Segment Start: Task input

-- ===== src/Portal/Ownership/Safety.antt =====
-- portal_tenant_ownership.py: whose a branch is after a reassignment, granted or refused.
use yclients_project.Prelude.{
  ℕ, ◌≡◌, ◌≢◌, ◌⊎◌, refl, sym, ap, ◌∙◌, Bool, true, false, some, arith, inl, inr, ◌==◌, elem, IsIn,
  Bool-cases,
}
use yclients_project.Auth.Tenancy.{Branch}
use yclients_project.Portal.Ownership.{
  Tenants, Link, tenant_has_business_users, credential_ids, reassign_branch_from_admin_only_tenant,
  tenant_of,
}
use yclients_project.Portal.Ownership.Reassign.{
  tenant_of_miss, tenant_of_hit, detach_branches, detach_links, detached, Outcome, had, kept, gave,
  outcome,
}

some_inj : {a b : ℕ} → some a ≡ some b → a ≡ b
some_inj h = cc h

module _ (branch : Branch) (target : ℕ) (db : Tenants) where
  -- What holds of the result, a database and whether the branch was given.
  abbrev pub IsGiven : Tenants × Bool → Type 0
  IsGiven result =
      (tenant_of branch.company_id result.0.branches ≡ some target)
      × ((other : ℕ)
          → other ≢ branch.company_id
          → tenant_of other result.0.branches ≡ tenant_of other db.branches)
      × ((link : Link)
          → IsIn link result.0.links
          → link.company_id ≡ branch.company_id
          → (branch.portal_account_id ≡ target)
            ⊎ (elem link.credential_id (credential_ids branch.portal_account_id db) ≡ false))

  outcome-IsGiven :
      (result : Tenants × Bool)
      → Outcome branch target db result
      → tenant_of branch.company_id db.branches ≡ some branch.portal_account_id
      → result.1 ≡ true
      → IsGiven result
  outcome-IsGiven _ (had same) stored h =
      (stored ∙ ap some same, λ other differs. refl, λ link i e. inl same)
  outcome-IsGiven _ (kept differs busy) stored h = cc
  outcome-IsGiven _ (gave differs free) stored h =
      let same = detach_branches branch.portal_account_id branch.company_id db in
      let before = ap (tenant_of branch.company_id) same in
      (
        tenant_of_hit branch.company_id target (detached branch target db).branches
            branch.portal_account_id (before ∙ stored),
        λ other apart.
            tenant_of_miss branch.company_id target other (detached branch target db).branches apart
            ∙ ap (tenant_of other) same,
        λ link i e. inr (detach_links branch.portal_account_id branch.company_id db link i e),
      )

  -- A granted reassignment gives the branch to the target, leaves the other branches where they are
  -- and no credential of the former tenant linked to the company.
  pub reassign_branch_gives :
      tenant_of branch.company_id db.branches ≡ some branch.portal_account_id
      → (reassign_branch_from_admin_only_tenant branch target db).1 ≡ true
      → IsGiven (reassign_branch_from_admin_only_tenant branch target db)
  reassign_branch_gives stored h =
      outcome-IsGiven (reassign_branch_from_admin_only_tenant branch target db)
        (outcome branch target db) stored h

  outcome_keeps :
      (result : Tenants × Bool) (company account : ℕ)
      → Outcome branch target db result
      → tenant_of branch.company_id db.branches ≡ some branch.portal_account_id
      → tenant_of company db.branches ≡ some account
      → tenant_has_business_users account db ≡ true
      → tenant_of company result.0.branches ≡ some account
  outcome_keeps _ company account (had same) stored owned busy = owned
  outcome_keeps _ company account (kept differs f) stored owned busy = owned
  outcome_keeps _ company account (gave differs free) stored owned busy =
      elim (Bool-cases (company == branch.company_id)) [
        | inl e ↦
            (let same : company ≡ branch.company_id = ground arith in
              let account_is : account ≡ branch.portal_account_id =
                some_inj (sym owned ∙ ap (λ z. tenant_of z db.branches) same ∙ stored) in
              cc (sym (ap (λ z. tenant_has_business_users z db) account_is) ∙ busy, free))
        | inr e ↦
            (let apart : company ≢ branch.company_id = λ z. ground arith in
              tenant_of_miss branch.company_id target company (detached branch target db).branches
                apart
              ∙ ap (tenant_of company)
                  (detach_branches branch.portal_account_id branch.company_id db)
              ∙ owned)
      ]

  -- No reassignment takes a branch from a tenant with business users.
  pub reassign_keeps_business :
      (company account : ℕ)
      → tenant_of branch.company_id db.branches ≡ some branch.portal_account_id
      → tenant_of company db.branches ≡ some account
      → tenant_has_business_users account db ≡ true
      → tenant_of company (reassign_branch_from_admin_only_tenant branch target db).0.branches
        ≡ some account
  reassign_keeps_business company account stored owned busy =
      outcome_keeps (reassign_branch_from_admin_only_tenant branch target db) company account
        (outcome branch target db) stored owned busy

Segment End: Task input

▶ Your instructions: Where the records above contain a line with "reassign_keeps_business company account", repeat that line and each later line through the end, exactly, and nothing more.

▶ Task result:
  reassign_keeps_business company account stored owned busy =
      outcome_keeps (reassign_branch_from_admin_only_tenant branch target db) company account
        (outcome branch target db) stored owned busy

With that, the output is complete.